*DIRECTIONS*
Everything in the listing below from the line containing "printed-report index value (err _) w h = cc" through the line containing "abbrev pub good_replies" must be repeated exactly; the remaining lines are not wanted.

*INFORMATION PROVIDED*
⁂

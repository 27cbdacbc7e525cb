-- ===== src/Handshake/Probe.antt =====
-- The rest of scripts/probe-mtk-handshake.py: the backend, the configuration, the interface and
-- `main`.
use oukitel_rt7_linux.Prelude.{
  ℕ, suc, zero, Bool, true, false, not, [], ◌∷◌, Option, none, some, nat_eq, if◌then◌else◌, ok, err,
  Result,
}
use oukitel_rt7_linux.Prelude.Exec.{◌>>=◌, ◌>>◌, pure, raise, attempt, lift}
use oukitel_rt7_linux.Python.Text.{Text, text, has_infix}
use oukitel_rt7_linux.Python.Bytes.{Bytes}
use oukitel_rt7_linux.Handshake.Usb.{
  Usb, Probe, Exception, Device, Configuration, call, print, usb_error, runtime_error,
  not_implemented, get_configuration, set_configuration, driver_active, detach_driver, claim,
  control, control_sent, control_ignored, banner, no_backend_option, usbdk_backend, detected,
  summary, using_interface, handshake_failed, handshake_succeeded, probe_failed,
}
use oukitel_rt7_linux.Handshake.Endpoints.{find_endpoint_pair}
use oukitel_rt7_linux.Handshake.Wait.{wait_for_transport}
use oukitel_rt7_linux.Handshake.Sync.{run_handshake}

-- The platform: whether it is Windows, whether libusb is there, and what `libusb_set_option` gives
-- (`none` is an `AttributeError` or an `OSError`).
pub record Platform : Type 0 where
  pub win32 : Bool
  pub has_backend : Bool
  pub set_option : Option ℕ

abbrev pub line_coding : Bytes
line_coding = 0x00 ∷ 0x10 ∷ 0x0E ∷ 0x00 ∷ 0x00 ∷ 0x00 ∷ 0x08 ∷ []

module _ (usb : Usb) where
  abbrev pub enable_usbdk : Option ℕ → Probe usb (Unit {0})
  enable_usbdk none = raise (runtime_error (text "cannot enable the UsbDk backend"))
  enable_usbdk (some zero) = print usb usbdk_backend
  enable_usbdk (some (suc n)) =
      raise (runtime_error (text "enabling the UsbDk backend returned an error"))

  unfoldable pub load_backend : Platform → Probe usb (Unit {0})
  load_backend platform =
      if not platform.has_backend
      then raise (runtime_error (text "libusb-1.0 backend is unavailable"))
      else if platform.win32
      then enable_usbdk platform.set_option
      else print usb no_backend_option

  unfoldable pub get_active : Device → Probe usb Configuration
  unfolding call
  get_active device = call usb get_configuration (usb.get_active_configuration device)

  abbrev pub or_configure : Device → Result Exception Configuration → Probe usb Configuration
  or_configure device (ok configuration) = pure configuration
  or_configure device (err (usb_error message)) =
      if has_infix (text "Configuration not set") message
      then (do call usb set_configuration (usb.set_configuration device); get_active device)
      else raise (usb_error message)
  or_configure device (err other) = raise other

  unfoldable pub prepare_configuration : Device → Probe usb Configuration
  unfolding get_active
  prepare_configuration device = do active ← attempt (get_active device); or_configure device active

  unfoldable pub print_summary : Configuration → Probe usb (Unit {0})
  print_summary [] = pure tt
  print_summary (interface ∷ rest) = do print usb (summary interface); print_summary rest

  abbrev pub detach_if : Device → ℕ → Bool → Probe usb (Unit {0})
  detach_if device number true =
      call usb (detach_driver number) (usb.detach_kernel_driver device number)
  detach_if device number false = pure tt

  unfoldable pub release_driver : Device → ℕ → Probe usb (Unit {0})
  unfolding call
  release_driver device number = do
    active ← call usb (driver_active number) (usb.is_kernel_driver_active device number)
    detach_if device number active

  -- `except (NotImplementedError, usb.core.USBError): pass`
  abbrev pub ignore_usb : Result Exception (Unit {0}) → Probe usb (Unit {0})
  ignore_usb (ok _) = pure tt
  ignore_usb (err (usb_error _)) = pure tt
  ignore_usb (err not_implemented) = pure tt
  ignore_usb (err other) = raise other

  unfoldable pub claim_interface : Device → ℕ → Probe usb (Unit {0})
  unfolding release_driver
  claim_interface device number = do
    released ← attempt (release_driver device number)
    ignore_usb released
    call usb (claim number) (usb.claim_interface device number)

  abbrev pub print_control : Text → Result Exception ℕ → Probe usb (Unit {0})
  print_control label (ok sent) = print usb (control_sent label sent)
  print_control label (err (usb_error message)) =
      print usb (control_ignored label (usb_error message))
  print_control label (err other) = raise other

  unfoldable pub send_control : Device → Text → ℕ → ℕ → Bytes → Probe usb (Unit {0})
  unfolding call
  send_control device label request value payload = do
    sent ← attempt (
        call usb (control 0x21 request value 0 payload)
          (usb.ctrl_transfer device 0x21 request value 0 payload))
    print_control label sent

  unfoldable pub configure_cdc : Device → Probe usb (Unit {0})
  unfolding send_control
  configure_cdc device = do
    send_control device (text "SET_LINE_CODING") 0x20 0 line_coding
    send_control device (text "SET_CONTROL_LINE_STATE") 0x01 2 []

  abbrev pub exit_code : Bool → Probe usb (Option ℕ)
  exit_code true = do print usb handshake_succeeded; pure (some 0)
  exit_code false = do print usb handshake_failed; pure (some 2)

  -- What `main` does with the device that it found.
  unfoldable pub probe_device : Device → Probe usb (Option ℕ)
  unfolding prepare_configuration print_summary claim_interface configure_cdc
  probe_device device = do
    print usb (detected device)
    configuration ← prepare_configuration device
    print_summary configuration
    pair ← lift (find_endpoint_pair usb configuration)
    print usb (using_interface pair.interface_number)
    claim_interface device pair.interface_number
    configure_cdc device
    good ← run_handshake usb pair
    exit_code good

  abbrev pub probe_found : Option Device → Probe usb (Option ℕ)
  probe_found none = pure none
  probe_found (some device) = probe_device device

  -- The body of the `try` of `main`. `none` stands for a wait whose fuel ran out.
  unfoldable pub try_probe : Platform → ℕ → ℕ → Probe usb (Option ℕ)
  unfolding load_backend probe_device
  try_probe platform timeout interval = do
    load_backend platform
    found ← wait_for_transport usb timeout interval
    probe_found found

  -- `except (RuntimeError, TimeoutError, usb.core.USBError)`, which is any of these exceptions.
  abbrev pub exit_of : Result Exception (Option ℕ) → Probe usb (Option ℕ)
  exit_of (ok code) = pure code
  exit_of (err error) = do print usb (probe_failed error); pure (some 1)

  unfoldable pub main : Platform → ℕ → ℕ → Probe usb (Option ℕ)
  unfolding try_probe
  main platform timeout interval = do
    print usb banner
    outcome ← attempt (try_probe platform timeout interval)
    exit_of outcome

⁂

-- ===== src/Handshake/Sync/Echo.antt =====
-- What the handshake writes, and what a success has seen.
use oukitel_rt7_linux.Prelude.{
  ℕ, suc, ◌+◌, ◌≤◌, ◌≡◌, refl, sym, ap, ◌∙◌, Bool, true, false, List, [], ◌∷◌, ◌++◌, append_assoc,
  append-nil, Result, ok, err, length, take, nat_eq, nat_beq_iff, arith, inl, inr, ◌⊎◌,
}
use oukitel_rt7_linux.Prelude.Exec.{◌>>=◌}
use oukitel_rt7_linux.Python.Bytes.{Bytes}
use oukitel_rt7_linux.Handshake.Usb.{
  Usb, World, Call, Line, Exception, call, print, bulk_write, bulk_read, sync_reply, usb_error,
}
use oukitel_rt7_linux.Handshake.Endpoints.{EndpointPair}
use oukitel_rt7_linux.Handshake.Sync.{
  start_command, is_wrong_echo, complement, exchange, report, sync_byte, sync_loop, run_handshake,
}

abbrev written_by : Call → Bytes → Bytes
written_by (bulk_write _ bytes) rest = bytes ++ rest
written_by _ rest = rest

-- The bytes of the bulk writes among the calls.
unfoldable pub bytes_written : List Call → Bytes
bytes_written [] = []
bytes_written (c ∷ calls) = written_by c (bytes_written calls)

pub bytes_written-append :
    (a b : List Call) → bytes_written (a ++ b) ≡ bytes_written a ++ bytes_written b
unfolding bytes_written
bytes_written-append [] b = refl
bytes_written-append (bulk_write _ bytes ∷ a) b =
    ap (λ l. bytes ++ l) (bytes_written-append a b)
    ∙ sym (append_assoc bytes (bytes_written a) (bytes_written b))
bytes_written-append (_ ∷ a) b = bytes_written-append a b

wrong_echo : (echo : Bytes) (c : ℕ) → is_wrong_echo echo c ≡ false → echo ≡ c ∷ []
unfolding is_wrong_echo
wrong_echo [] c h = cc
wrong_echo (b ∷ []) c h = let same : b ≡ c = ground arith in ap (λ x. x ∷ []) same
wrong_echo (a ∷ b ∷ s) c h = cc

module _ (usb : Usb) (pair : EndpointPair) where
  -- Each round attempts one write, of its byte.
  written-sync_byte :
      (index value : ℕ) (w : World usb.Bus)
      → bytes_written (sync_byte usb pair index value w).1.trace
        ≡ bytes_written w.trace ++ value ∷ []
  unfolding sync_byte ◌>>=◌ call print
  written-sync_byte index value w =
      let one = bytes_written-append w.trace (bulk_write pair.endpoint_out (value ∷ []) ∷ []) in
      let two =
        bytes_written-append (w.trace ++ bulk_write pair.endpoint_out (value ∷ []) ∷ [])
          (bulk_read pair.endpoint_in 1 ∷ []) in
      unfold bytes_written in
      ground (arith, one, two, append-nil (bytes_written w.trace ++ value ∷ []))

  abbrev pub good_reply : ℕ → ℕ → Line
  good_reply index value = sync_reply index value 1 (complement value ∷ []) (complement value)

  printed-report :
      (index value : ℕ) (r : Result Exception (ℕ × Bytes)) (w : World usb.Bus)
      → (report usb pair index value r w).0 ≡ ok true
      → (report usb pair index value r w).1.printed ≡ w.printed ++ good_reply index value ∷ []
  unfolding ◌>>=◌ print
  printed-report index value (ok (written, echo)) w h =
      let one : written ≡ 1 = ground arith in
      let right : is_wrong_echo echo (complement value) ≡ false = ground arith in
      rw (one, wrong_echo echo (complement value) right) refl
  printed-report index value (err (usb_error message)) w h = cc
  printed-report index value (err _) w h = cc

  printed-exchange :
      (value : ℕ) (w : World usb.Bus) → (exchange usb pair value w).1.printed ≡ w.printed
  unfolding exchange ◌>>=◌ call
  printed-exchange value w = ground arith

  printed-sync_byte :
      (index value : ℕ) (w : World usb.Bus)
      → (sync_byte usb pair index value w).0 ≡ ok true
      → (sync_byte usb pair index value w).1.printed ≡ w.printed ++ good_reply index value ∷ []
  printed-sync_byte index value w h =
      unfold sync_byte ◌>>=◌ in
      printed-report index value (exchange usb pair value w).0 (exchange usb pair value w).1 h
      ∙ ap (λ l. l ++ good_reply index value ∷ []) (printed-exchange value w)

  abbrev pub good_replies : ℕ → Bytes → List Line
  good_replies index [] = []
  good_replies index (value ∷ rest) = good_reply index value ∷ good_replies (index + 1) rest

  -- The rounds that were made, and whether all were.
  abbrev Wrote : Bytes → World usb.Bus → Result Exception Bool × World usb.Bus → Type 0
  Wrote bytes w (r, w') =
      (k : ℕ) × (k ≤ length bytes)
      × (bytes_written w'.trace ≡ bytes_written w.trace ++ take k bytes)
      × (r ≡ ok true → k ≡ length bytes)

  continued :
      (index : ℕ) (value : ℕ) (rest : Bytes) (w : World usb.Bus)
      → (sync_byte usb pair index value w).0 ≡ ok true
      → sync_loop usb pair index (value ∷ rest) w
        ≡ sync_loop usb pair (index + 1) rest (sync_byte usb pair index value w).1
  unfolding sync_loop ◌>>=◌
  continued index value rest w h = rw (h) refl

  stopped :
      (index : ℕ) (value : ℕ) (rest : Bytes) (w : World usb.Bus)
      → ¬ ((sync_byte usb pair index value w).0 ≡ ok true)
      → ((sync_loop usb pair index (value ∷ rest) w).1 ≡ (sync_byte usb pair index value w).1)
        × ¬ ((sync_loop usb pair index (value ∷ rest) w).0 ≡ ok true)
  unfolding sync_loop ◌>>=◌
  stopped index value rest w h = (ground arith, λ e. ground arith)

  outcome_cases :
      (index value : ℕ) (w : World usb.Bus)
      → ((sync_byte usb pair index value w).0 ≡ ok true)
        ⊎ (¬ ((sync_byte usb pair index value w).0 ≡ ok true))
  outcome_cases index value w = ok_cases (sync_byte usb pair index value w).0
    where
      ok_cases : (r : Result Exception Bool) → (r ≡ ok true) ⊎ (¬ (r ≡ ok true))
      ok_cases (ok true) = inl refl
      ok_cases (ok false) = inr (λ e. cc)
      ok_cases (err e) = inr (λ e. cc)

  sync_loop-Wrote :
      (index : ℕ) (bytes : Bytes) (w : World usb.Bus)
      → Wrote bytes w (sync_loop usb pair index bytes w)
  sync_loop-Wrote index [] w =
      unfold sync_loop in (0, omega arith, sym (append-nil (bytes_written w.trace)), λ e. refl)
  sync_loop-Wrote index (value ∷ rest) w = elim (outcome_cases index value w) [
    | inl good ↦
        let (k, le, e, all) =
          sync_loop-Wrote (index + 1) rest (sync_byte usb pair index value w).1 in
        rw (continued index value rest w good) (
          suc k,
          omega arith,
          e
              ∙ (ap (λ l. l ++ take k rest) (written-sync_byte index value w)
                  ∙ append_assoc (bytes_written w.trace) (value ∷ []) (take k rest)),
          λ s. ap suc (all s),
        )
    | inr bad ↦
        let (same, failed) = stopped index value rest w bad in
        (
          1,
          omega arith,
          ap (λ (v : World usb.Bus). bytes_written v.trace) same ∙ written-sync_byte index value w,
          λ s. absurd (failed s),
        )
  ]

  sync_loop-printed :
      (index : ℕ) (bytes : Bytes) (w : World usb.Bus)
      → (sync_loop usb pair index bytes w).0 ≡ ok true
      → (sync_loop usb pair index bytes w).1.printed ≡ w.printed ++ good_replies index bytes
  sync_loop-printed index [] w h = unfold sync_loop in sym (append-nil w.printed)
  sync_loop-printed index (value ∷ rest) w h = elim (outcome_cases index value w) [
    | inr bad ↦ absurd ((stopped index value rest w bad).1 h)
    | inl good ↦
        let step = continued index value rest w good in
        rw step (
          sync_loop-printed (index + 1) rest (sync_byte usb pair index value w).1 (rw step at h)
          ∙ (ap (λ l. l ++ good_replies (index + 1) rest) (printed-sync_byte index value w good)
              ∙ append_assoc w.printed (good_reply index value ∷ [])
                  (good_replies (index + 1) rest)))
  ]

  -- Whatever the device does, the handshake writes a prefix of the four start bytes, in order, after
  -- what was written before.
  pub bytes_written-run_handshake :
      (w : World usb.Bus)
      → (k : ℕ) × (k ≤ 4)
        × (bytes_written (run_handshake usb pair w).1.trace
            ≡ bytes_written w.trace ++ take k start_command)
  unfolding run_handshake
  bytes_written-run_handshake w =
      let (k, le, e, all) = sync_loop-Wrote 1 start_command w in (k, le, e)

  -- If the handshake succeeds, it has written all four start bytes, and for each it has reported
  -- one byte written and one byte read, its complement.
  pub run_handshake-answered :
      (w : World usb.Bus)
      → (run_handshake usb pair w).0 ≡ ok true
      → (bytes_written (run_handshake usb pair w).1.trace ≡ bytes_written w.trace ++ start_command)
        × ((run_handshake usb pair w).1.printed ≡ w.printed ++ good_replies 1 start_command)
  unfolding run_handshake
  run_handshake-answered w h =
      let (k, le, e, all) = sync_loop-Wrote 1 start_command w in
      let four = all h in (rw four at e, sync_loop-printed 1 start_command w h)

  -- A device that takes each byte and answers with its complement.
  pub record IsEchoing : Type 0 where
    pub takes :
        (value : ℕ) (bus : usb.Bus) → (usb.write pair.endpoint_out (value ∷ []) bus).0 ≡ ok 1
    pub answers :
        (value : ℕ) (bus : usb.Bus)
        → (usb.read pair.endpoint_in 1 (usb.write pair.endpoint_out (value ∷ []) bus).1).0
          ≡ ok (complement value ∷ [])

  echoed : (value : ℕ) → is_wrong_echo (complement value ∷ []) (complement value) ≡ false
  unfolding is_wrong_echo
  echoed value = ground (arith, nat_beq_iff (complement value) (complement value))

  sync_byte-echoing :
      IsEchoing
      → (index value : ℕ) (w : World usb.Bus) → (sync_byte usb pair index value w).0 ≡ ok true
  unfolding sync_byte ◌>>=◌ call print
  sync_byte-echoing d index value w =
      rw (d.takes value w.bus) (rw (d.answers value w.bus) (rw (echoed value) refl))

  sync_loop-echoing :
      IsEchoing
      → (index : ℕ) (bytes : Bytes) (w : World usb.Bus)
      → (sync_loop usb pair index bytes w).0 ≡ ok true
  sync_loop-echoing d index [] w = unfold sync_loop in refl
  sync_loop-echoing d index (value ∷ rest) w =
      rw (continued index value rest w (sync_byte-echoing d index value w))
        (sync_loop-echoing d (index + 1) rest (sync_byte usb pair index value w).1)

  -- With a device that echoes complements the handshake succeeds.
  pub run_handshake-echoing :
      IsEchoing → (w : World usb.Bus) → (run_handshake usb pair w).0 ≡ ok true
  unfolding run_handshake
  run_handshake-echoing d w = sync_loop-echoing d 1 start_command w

⁂

*SOLUTION FOR THIS PROBLEM*
  printed-report index value (err _) w h = cc

  printed-exchange :
      (value : ℕ) (w : World usb.Bus) → (exchange usb pair value w).1.printed ≡ w.printed
  unfolding exchange ◌>>=◌ call
  printed-exchange value w = ground arith

  printed-sync_byte :
      (index value : ℕ) (w : World usb.Bus)
      → (sync_byte usb pair index value w).0 ≡ ok true
      → (sync_byte usb pair index value w).1.printed ≡ w.printed ++ good_reply index value ∷ []
  printed-sync_byte index value w h =
      unfold sync_byte ◌>>=◌ in
      printed-report index value (exchange usb pair value w).0 (exchange usb pair value w).1 h
      ∙ ap (λ l. l ++ good_reply index value ∷ []) (printed-exchange value w)

  abbrev pub good_replies : ℕ → Bytes → List Line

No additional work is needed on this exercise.